- Gladu in a Quebec uniform, c. 1940–1942
- Third baseman
- Born: May 10, 1911 Montreal, Quebec, Canada
- Died: July 26, 1994 (aged 83) Montreal, Quebec, Canada
- Batted: LeftThrew: Right

MLB debut
- April 18, 1944, for the Boston Braves

Last MLB appearance
- May 24, 1944, for the Boston Braves

MLB statistics
- Batting average: .242
- Home runs: 1
- Runs batted in: 7
- Stats at Baseball Reference

Teams
- Boston Braves (1944);

Member of the Canadian

Baseball Hall of Fame
- Induction: 2021

= Roland Gladu =

Canadian baseball player (1911–1994)

Roland Edouard Gladu (Note: Retrosheet lists his full name as Joseph Albert Rolland Edouard Gladu.) (May 10, 1911 – July 26, 1994) was a Canadian professional baseball third baseman. He played in 21 games for the Boston Braves of Major League Baseball (MLB) during the 1944 baseball season. He was one of the "jumpers" who signed with the Mexican League in 1946, earning him a temporary suspension from organized baseball.

==Biography==
Gladu's baseball career began in 1932 at Binghamton, New York, and extended over more than 20 years as a player and manager in five countries: Canada, the United States, Mexico, Cuba, and England. Gladu played in London in the late 1930s for a team based at West Ham Stadium. As player-manager for West Ham, he took the London circuit batting title with a .565 average in 1937, and led the team to two consecutive top-two finishes, as well as a 5-3 defeat over the touring 1936 United States Olympic baseball team.
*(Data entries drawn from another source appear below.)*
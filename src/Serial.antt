-- ===== src/Serial.antt =====
-- src/profiserial.c, the library `proserial`: serial ports for scripts, over a library of drivers.
pub mod Ports
pub mod Send
pub mod Api
pub mod Payload
mod Examples
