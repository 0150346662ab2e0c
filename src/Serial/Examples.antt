-- ===== src/Serial/Examples.antt =====
-- Runs of the library `proserial`, over a port that keeps what it is sent, the newest first, and
-- refuses the byte 13.
use profi_lua.Base.{
  ℕ, ◌≡◌, refl, ◌==◌, true, not, none, List, [], ◌∷◌, ℤ, pos, negsuc, pos_part, ok, arith,
  if◌then◌else◌,
}
use profi_lua.Lua.{Lua, Value, int, truncate}
use profi_lua.Lua.Stack.{one}
use profi_lua.Serial.Ports.{Ports}
use profi_lua.Serial.Send.{pl_serial_send}
use profi_lua.Serial.Payload.{pl_serial_send-payload, pl_serial_send-table}

abbrev lua : Lua
lua = record {
  str_to_number = λ _. none;
  number_to_str = λ _. [];
  number_to_integer = truncate;
  number_out_of_range = truncate;
}

abbrev ports : Ports (List ℤ)
ports = record {
  mount = λ d. (pos 1, d);
  unmount = λ h d. (true, d);
  check = λ h p d. (true, d);
  open_port = λ h p d. (true, d);
  close_port = λ h d. (true, d);
  send_byte = λ h b d. (not (pos_part b == 13), b ∷ d);
  buffer_count = λ h d. (pos 0, d);
  config = λ h a b c e d. (true, d);
  read_byte = λ h d. (negsuc 0, d);
  buffer_flush = λ h d. (true, []);
}

-- The table 3 is `{ "AB", 7, "C" }`.
abbrev tables : ℕ → ℕ → Value
tables t i =
    if i == 1
    then Value.string (65 ∷ 66 ∷ [])
    else if i == 2
    then int (pos 7)
    else if i == 3
    then Value.string (67 ∷ [])
    else Value.nil

pl_serial_send-payload_example :
    pl_serial_send ports lua tables 9 (int (pos 1) ∷ Value.string (65 ∷ 13 ∷ 200 ∷ []) ∷ []) []
    ≡ ok (one (int (pos 2))) (negsuc 55 ∷ pos 13 ∷ pos 65 ∷ [])
pl_serial_send-payload_example =
    pl_serial_send-payload ports lua tables 9 (int (pos 1)) (Value.string (65 ∷ 13 ∷ 200 ∷ [])) []
      refl

-- Four bytes are sent, and the reply is 2.
pl_serial_send-table_example :
    pl_serial_send ports lua tables 9 (int (pos 1) ∷ Value.table 3 ∷ []) []
    ≡ ok (one (int (pos 2))) (pos 67 ∷ pos 7 ∷ pos 66 ∷ pos 65 ∷ [])
pl_serial_send-table_example =
    pl_serial_send-table ports lua tables 9 (int (pos 1)) 3
      (Value.string (65 ∷ 66 ∷ []) ∷ int (pos 7) ∷ Value.string (67 ∷ []) ∷ []) []
      (refl, refl, (refl, refl, (refl, refl, refl))) (omega arith)
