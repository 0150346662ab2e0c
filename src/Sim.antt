-- ===== src/Sim.antt =====
-- src/profilua.c, the DLL that the simulator loads: it runs a Lua script at the start, at each step
-- and at the end of a simulation.
pub mod State
pub mod Vm
pub mod Script
pub mod Outputs
pub mod Calculate
pub mod Names
pub mod Results
pub mod Step
pub mod Start
pub mod Stop
pub mod Worlds
pub mod Whole
pub mod Latch
pub mod Keeps
pub mod Console
pub mod Host
pub mod Pins
pub mod Failures
mod Examples
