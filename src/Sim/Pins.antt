-- ===== src/Sim/Pins.antt =====
-- The counts of pins that the simulator asks for before it starts.
use profi_lua.Base.{ℕ, ◌+◌, ◌%◌, ◌≡◌, none, some, ok, u8_of}
use profi_lua.Lua.{Lua, Value, Number, truncate}
use profi_lua.Sim.State.{Name, Script, Sim}
use profi_lua.Sim.Script.{open_lua_script, close_lua_script, c_num_inputs_ex, c_num_outputs_ex}

module _ {W : Type 0} (lua : Lua) (script : Script W) (user : ℕ → Number) (s : Sim W) (w₀ : W)
    (x y : Number) where
  abbrev pub file : ℕ
  file = u8_of (truncate (user 100))

  -- The world after the script with the number `PUser[100]` has run in a new Lua state.
  abbrev pub ran : W
  ran = (script.run_file file w₀).1

  -- `CNumInputsEx` and `CNumOutputsEx`, called with no script open, run the script whose number
  -- stands in `PUser[100]` in a new Lua state, return one pin more than the number that it gives
  -- (modulo 256), remember that count, and leave no script open. The script gives a number for
  -- both, and there is memory for a Lua state.
  pub c_num_ex-counts :
      s.lua ≡ none
      → script.open_lua s.idle ≡ some w₀
      → script.global Name.num_inputs ran ≡ Value.number x
      → script.global Name.num_outputs ran ≡ Value.number y
      → (c_num_inputs_ex lua script user s
          ≡ ok ((u8_of (truncate x) + 1) % 256) (record s {
            file_num = file;
            num_inputs = (u8_of (truncate x) + 1) % 256;
            idle = script.close_lua ran;
          }))
        × (c_num_outputs_ex lua script user s
            ≡ ok ((u8_of (truncate y) + 1) % 256) (record s {
              file_num = file;
              num_outputs = (u8_of (truncate y) + 1) % 256;
              idle = script.close_lua ran;
            }))
  unfolding c_num_inputs_ex c_num_outputs_ex open_lua_script close_lua_script
  c_num_ex-counts no_lua memory ins outs = (rw (no_lua, memory, ins), rw (no_lua, memory, outs))
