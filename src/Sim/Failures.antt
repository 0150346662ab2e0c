-- ===== src/Sim/Failures.antt =====
-- Orders of calls, and answers of a script, that src/profilua.c does not handle.
use profi_lua.Base.{
  ℕ, suc, ◌≡◌, ◌<◌, true, false, none, some, List, [], ◌∷◌, ltb, ◌==◌, length, arith, fault, ◌>>◌,
  Bool-cases, inl, inr, pos,
}
use profi_lua.Lua.{Lua, Value, Number, int}
use profi_lua.Lua.Stack.{value}
use profi_lua.Sim.State.{Name, Script, Vm, Sim}
use profi_lua.Sim.Vm.{number_of, string_of}
use profi_lua.Sim.Script.{
  get_input_name, script_name, open_lua_script, close_lua_script, c_string, is_marked, error_name,
}
use profi_lua.Sim.Outputs.{read_outputs}
use profi_lua.Sim.Calculate.{step, c_sim_start, c_sim_stop, stop_script}

module _ {W : Type 0} (lua : Lua) (script : Script W) where
  -- If an output with no string marker gets what is no number, and is not the last one, then the
  -- loop of `CCalculateEx` removes the table of results with it, and the next round reads from an
  -- empty stack. The table stands alone on the stack, as it does when running the script's file
  -- left nothing there.
  pub read_outputs-underflow :
      (s : Sim W) (count i t : ℕ) (w : W)
      → s.lua ≡ some (record { stack = value (Value.table t) ∷ []; world = w })
      → i < 100
      → s.out_marker i ≡ false
      → number_of lua (value (script.entry t i w)) ≡ none
      → read_outputs lua script (suc (suc count)) i s ≡ fault
  unfolding read_outputs
  read_outputs-underflow s count i t w is_open few no_mark no_number =
      let lt : ltb i 100 ≡ true = ground arith in rw (is_open, lt, no_mark, no_number)

  -- A simulation that is stopped before its first step, with no error set and no script open, uses
  -- the Lua state NULL.
  pub c_sim_start-c_sim_stop :
      (input : ℕ → Number) (s : Sim W)
      → s.error ≡ false
      → s.lua ≡ none
      → (c_sim_start lua script >> c_sim_stop lua script input) s ≡ fault
  unfolding c_sim_start c_sim_stop stop_script
  c_sim_start-c_sim_stop input s no_error no_lua = rw (no_error, no_lua)

  -- When the simulator asks for the name of an input while the simulation runs, the script is
  -- closed afterwards, and the next step uses the Lua state NULL. The script names the input by a
  -- string that fits into the buffer, and no error is set. (A buffer without room for "!ERROR!"
  -- overflows before that.)
  pub get_input_name-step :
      (input : ℕ → Number) (s : Sim W) (vm : Vm W) (channel room f : ℕ) (v : Value) (w : W)
      (str : List ℕ)
      → s.error ≡ false
      → s.lua ≡ some vm
      → (channel == 0) ≡ false
      → channel < 100
      → script.global Name.input_name (script.run_file s.file_num vm.world).1 ≡ Value.function f
      → script.call f (value (int (pos channel))) (script.run_file s.file_num vm.world).1
        ≡ some (v, w)
      → string_of lua (value v) ≡ some str
      → length (c_string str) < room
      → (get_input_name lua script channel room >> step lua script input) s ≡ fault
  unfolding get_input_name script_name open_lua_script close_lua_script step
  get_input_name-step input s vm channel room f v w str no_error is_open named few is_function
        answer text fits =
      let lt : ltb channel 100 ≡ true = ground arith in
      let short : ltb (length (c_string str)) room ≡ true = ground arith in
      elim (Bool-cases (ltb (length error_name) room)) [
        | inl roomy ↦
            rw (roomy, named, is_open, is_function, answer, text, short)
              (elim (Bool-cases (is_marked (c_string str))) [
                | inl m ↦ rw (m, lt, no_error)
                | inr m ↦ rw (m, no_error)
              ])
        | inr narrow ↦ rw narrow
      ]
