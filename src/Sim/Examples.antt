-- ===== src/Sim/Examples.antt =====
-- The host with a small script: two inputs and two outputs, of which the second is a text.
use profi_lua.Base.{
  ℕ, suc, ◌≡◌, refl, false, none, some, [], ◌∷◌, ◌==◌, ok, fault, arith, pos, if◌then◌else◌, ◌>>◌,
  After, ◌≤◌, ◌<◌, ◌⊎◌, inl, inr,
}
use profi_lua.Lua.{Lua, Value, Number, int, integer, truncate}
use profi_lua.Lua.Stack.{value}
use profi_lua.Sim.State.{Name, Script, Sim}
use profi_lua.Sim.Script.{get_input_name, c_num_inputs_ex, c_num_outputs_ex}
use profi_lua.Sim.Outputs.{read_outputs}
use profi_lua.Sim.Calculate.{step, c_sim_start, c_sim_stop, c_calculate_ex}
use profi_lua.Sim.Results.{Fits}
use profi_lua.Sim.Step.{c_calculate_ex-stepped, stepped, Answers}
use profi_lua.Sim.Pins.{c_num_ex-counts}
use profi_lua.Sim.Console.{Agrees}
use profi_lua.Sim.Host.{Arrays, Call, host, host-Agrees}
use profi_lua.Sim.Failures.{read_outputs-underflow, c_sim_start-c_sim_stop, get_input_name-step}

abbrev lua : Lua
lua = record {
  str_to_number = λ _. none;
  number_to_str = λ _. [];
  number_to_integer = truncate;
  number_out_of_range = truncate;
}

-- The state counts the steps. Output 1 is the number of steps, and output 2 the text "B".
abbrev script : Script ℕ
script = record {
  open_lua = λ w. some w;
  close_lua = λ w. w;
  run_file = λ file w. ([], w);
  global = λ name w. elim name [
    | Name.num_inputs ↦ int (pos 2)
    | Name.num_outputs ↦ int (pos 2)
    | Name.input_name ↦ Value.function 2
    | Name.calculate ↦ Value.function 1
    | _ ↦ Value.nil
  ];
  set_user = λ _ w. w;
  call =
      λ f arg w. if f == 1 then some (Value.table 5, suc w) else some (Value.string (65 ∷ []), w);
  entry = λ t i w. if i == 1 then int (pos w) else Value.string (66 ∷ []);
}

-- Both counts are one more than the script gives.
abbrev sim : Sim ℕ
sim = record {
  lua = some (record { stack = []; world = 7 });
  idle = 0;
  num_inputs = 3;
  num_outputs = 3;
  error = false;
  file_num = 1;
  console = false;
  console_top = 0;
  in_marker = λ _. false;
  out_marker = λ i. i == 2;
  override = false;
  output = λ _. integer (pos 0);
  user = λ _. integer (pos 1);
  strings = λ _. [];
  windows = [];
}

abbrev unmarked : Sim ℕ
unmarked = record sim {
  lua = some (record { stack = value (Value.table 5) ∷ []; world = 8 });
  out_marker = λ _. false;
}

abbrev no_input : ℕ → Number
no_input i = integer (pos 0)

fits : (m : ℕ) → 1 ≤ m → m < 3 → Fits lua script 5 8 (m == 2) m
fits m from to = elim (one_or_two m from to) [
  | inl e ↦ rw e (integer (pos 8), refl)
  | inr e ↦ rw e (66 ∷ [], refl)
]
  where
    one_or_two : (m : ℕ) → 1 ≤ m → m < 3 → (m ≡ 1) ⊎ (m ≡ 2)
    one_or_two m from to = ground arith

answers : Answers lua script sim no_input 7 5 8
answers = record {
  function = 1;
  defined = refl;
  answer = refl;
  fits = λ m from to. fits m from (omega arith);
}

c_calculate_ex-stepped_example :
    c_calculate_ex lua script no_input sim ≡ ok tt (stepped lua script sim [] 5 8)
c_calculate_ex-stepped_example =
    c_calculate_ex-stepped lua script sim no_input [] 7 8 5 refl refl refl refl refl (omega arith)
      (omega arith) (omega arith) answers

counted_twice :
    (c_num_inputs_ex lua script (λ _. integer (pos 4)) (record sim { lua = none })
      ≡ ok 3 (record sim { lua = none; file_num = 4; num_inputs = 3; idle = 0 }))
    × (c_num_outputs_ex lua script (λ _. integer (pos 4)) (record sim { lua = none })
        ≡ ok 3 (record sim { lua = none; file_num = 4; num_outputs = 3; idle = 0 }))
counted_twice =
    c_num_ex-counts lua script (λ _. integer (pos 4)) (record sim { lua = none }) 0
      (integer (pos 2)) (integer (pos 2)) refl refl refl refl

-- Output 2 is not marked, and gets a text.
read_outputs-underflow_example : read_outputs lua script 2 2 unmarked ≡ fault
read_outputs-underflow_example =
    read_outputs-underflow lua script unmarked 0 2 5 8 refl (omega arith) refl refl

stopped_before_step :
    (c_sim_start lua script >> c_sim_stop lua script no_input) (record sim { lua = none }) ≡ fault
stopped_before_step =
    c_sim_start-c_sim_stop lua script no_input (record sim { lua = none }) refl refl

get_input_name-step_example :
    (get_input_name lua script 1 100 >> step lua script no_input) sim ≡ fault
get_input_name-step_example =
    get_input_name-step lua script no_input sim (record { stack = []; world = 7 }) 1 100 2
      (Value.string (65 ∷ [])) 7 (65 ∷ []) refl refl refl (omega arith) refl refl refl (omega arith)

-- A start with the console wanted, two steps, and the stop.
abbrev high : ℕ → Number
high i = integer (pos 5)

abbrev highs : Arrays
highs = record { input = high; texts = λ i. [] }

host-Agrees_example : After Agrees (
    host lua script
      (Call.start ∷ Call.calculate highs ∷ Call.calculate highs ∷ Call.stop high ∷ [])
      (record sim { lua = none }))
host-Agrees_example =
    host-Agrees lua script
      (Call.start ∷ Call.calculate highs ∷ Call.calculate highs ∷ Call.stop high ∷ [])
      (record sim { lua = none }) (record { flag = refl; closes = tt })
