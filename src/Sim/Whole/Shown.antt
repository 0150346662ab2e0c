-- ===== src/Sim/Whole/Shown.antt =====
-- What CCalculateEx does with the console before a step.
use profi_lua.Base.{
  ℕ, ◌≡◌, Bool, true, false, not, ◌&&◌, List, ◌∷◌, ◌+◌, ◌%◌, ◌==◌, ok, Bool-cases, inl, inr,
}
use profi_lua.Lua.{Number}
use profi_lua.Sim.State.{Sim, ConsoleCall}
use profi_lua.Sim.Calculate.{show_console, wants_console}

module _ {W : Type 0} where
  -- Only the console and its flags change.
  pub record Shown (s : Sim W) (input : ℕ → Number) : Type 0 where
    pub console : Bool
    pub console_top : ℕ
    pub windows : List ConsoleCall
    pub result :
        show_console input s
        ≡ ok tt (record s { console = console; console_top = console_top; windows = windows })

  raised_once :
      (s : Sim W) (input : ℕ → Number)
      → wants_console input && not s.console ≡ false
      → Shown s input
  unfolding show_console
  raised_once s input off = elim (Bool-cases (s.console && (s.console_top == 0))) [
    | inl t ↦ record {
      console = s.console;
      console_top = (s.console_top + 1) % 256;
      windows = ConsoleCall.topped ∷ s.windows;
      result = rw (off, t);
    }
    | inr f ↦ record {
      console = s.console;
      console_top = s.console_top;
      windows = s.windows;
      result = rw (off, f);
    }
  ]

  pub show_console-Shown : (s : Sim W) (input : ℕ → Number) → Shown s input
  unfolding show_console
  show_console-Shown s input = elim (Bool-cases (wants_console input && not s.console)) [
    | inl t ↦ record {
      console = true;
      console_top = 1;
      windows = ConsoleCall.topped ∷ ConsoleCall.topped ∷ ConsoleCall.turned_on ∷ s.windows;
      result = rw t;
    }
    | inr f ↦ raised_once s input f
  ]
Gladu was one of 13 players suspended by Commissioner of Baseball Happy Chandler in May 1946 for "jumping" to the Mexican League, which offered higher salaries than the U.S. major leagues. Gladu had signed with Veracruz three months prior. In 1946, he hit .322 over 91 games with the Tecolotes de Nuevo Laredo. The next year, he also hit .322, this time with the Tuneros de San Luis Potosí.

Gladu also played professional hockey in the off-season as a defenceman in the Quebec Hockey League. After his playing career, Gladu worked as a scout for the Milwaukee Braves. Pitcher Claude Raymond was one of the first players signed by Gladu.

Gladu died in 1994 in Montreal at age 83. He was inducted to the British Baseball Hall of Fame in 2011 and the Canadian Baseball Hall of Fame in 2021.